# Soil capping with columbo/Ada



## Alastair (14 Apr 2012)

Just curious, normally in  a low tech tank with soil, the soil is capped with sand or gravel to prevent the soil leeching into the water.
However, would adding columbo and Ada Amazonia as a cap cause any problems with them containing nutrients too? I prefer the look of these over sand but not too sure in a el natural tank if I'd run into problems. 
Tank will be low light, heavily planted with plants above and below water, no co2 no ferts and just the occasional addition of seachem equilibrium.,


Sent from my iPhone using Tapatalk


----------



## ceg4048 (14 Apr 2012)

*Re: Soil capping with columbo/Ada*

Why would there be a problem, other than cost? If you have Amazonia you don't need the soil and if you have the soil you don't need the spend money Amazonia, just use any black or grey gravel.

Cheers,


----------



## Alastair (14 Apr 2012)

ceg4048 said:
			
		

> Why would there be a problem, other than cost? If you have Amazonia you don't need the soil and if you have the soil you don't need the spend money Amazonia, just use any black or grey gravel.
> 
> Cheers,



Hi Clive, 
Thanks for the quick reply.
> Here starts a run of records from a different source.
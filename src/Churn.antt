-- ===== src/Churn.antt =====
-- The churn of event streams: `ChurnConfig` of src/dragonsniff/churn.py.
pub mod Bounds
mod Tests
use dragon_sniff.Prelude.{ℕ, String, Bool, not, ◌&&◌, List, [], ◌∷◌, none, some, all, if◌then◌else◌}
use dragon_sniff.Prelude.Int.{ℤ, pos, leb_ℤ, eqb_ℤ}
use dragon_sniff.Prelude.Result.{Result, ok, err, ◌>>=◌, ◌>>◌, raise_if, or_raise}
use dragon_sniff.Json.{
  Value, Fields, Number, int, float, num, find, keys, fields_of, number_of, num_le, num_eq, among,
}
use dragon_sniff.Runtime.{Runtime}

pub record ChurnConfig : Type 0 where
  pub cycles : ℤ
  pub observe_seconds : Number
  pub max_events : ℤ
  pub delay_seconds : Number

-- `float_overflow` is the `OverflowError` of `float` on a large int.
pub data ChurnError : Type 0 where
  not_an_object unknown_name not_an_integer not_a_number float_overflow : ChurnError
  bad_cycles bad_observe_seconds bad_max_events bad_delay_seconds : ChurnError

abbrev pub churn_config : ℕ → Number → ℕ → Number → ChurnConfig
churn_config cycles observe events delay = record {
  cycles = pos cycles;
  observe_seconds = observe;
  max_events = pos events;
  delay_seconds = delay;
}

-- The double nearest to 0.1.
abbrev pub tenth : Number
tenth = float (pos 3_602_879_701_896_397) 55

abbrev pub default_churn : ChurnConfig
default_churn = churn_config 3 (float (pos 2) 0) 3 (float (pos 1) 1)

unfoldable pub churn_profiles : List (String × ChurnConfig)
churn_profiles =
    ("Baseline", churn_config 3 (float (pos 2) 0) 3 (float (pos 1) 1))
    ∷ ("Extended", churn_config 10 (float (pos 5) 0) 5 (float (pos 1) 2))
    ∷ ("Stress", churn_config 20 (float (pos 10) 0) 10 tenth)
    ∷ []

abbrev pub same_churn : ChurnConfig → ChurnConfig → Bool
same_churn a b =
    eqb_ℤ a.cycles b.cycles
    && (num_eq a.observe_seconds b.observe_seconds
        && (eqb_ℤ a.max_events b.max_events && num_eq a.delay_seconds b.delay_seconds))

abbrev pub churn_name_in : ChurnConfig → List (String × ChurnConfig) → String
churn_name_in c [] = "Custom"
churn_name_in c ((name, p) ∷ rest) =
    let later = churn_name_in c rest in if same_churn c p then name else later

unfoldable pub churn_profile_name : ChurnConfig → String
unfolding churn_profiles
churn_profile_name c = churn_name_in c churn_profiles

abbrev pub cycles_in_range : ℤ → Bool
cycles_in_range n = leb_ℤ (pos 1) n && leb_ℤ n (pos 20)

abbrev pub observe_in_range : Number → Bool
observe_in_range n = num_le (float (pos 1) 2) n && num_le n (float (pos 15) 0)

abbrev pub events_in_range : ℤ → Bool
events_in_range n = leb_ℤ (pos 1) n && leb_ℤ n (pos 25)

abbrev pub delay_in_range : Number → Bool
delay_in_range n = num_le tenth n && num_le n (float (pos 5) 0)

unfoldable pub validate_churn : ChurnConfig → Result ChurnError (Unit {0})
validate_churn c = do
  raise_if (not (cycles_in_range c.cycles)) bad_cycles
  raise_if (not (observe_in_range c.observe_seconds)) bad_observe_seconds
  raise_if (not (events_in_range c.max_events)) bad_max_events
  raise_if (not (delay_in_range c.delay_seconds)) bad_delay_seconds

-- A value that is an int; a bool is none here.
abbrev pub integer_of : Value → Result ChurnError ℤ
integer_of (num (int z)) = ok z
integer_of _ = err not_an_integer

unfoldable pub integer_field : Fields → String → ℤ → Result ChurnError ℤ
integer_field fs name default = elim (find name fs) [ none ↦ ok default | some v ↦ integer_of v ]

unfoldable pub seconds_field : Fields → String → Number → Result ChurnError Number
seconds_field fs name default = elim (find name fs) [
  | none ↦ ok default
  | some v ↦ or_raise (number_of v) not_a_number
]

unfoldable pub churn_of : Runtime → Fields → Result ChurnError ChurnConfig
churn_of py fs = do
  cycles ← integer_field fs "cycles" default_churn.cycles
  max_events ← integer_field fs "max_events" default_churn.max_events
  observe_seconds ← seconds_field fs "observe_seconds" default_churn.observe_seconds
  delay_seconds ← seconds_field fs "delay_seconds" default_churn.delay_seconds
  observe_float ← or_raise (py.to_float observe_seconds) float_overflow
  delay_float ← or_raise (py.to_float delay_seconds) float_overflow
  ok (record {
    cycles = cycles;
    observe_seconds = observe_float;
    max_events = max_events;
    delay_seconds = delay_float;
  })

abbrev pub churn_fields : List String
churn_fields = "cycles" ∷ "observe_seconds" ∷ "max_events" ∷ "delay_seconds" ∷ []

unfoldable pub churn_from_value : Runtime → Value → Result ChurnError ChurnConfig
churn_from_value py value = do
  fields ← or_raise (fields_of value) not_an_object
  raise_if (not (all (among churn_fields) (keys fields))) unknown_name
  config ← churn_of py fields
  validate_churn config
  ok config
I have both already you see, but not enough ada/columbo to provide enough substrate coverage so was going to put a base layer of soil and cap with Amazonia and columbo. 


Sent from my iPhone using Tapatalk


----------



## ceg4048 (15 Apr 2012)

*Re: Soil capping with columbo/Ada*

OK, got it now. Yep, mix and match as you please...

Cheers,


----------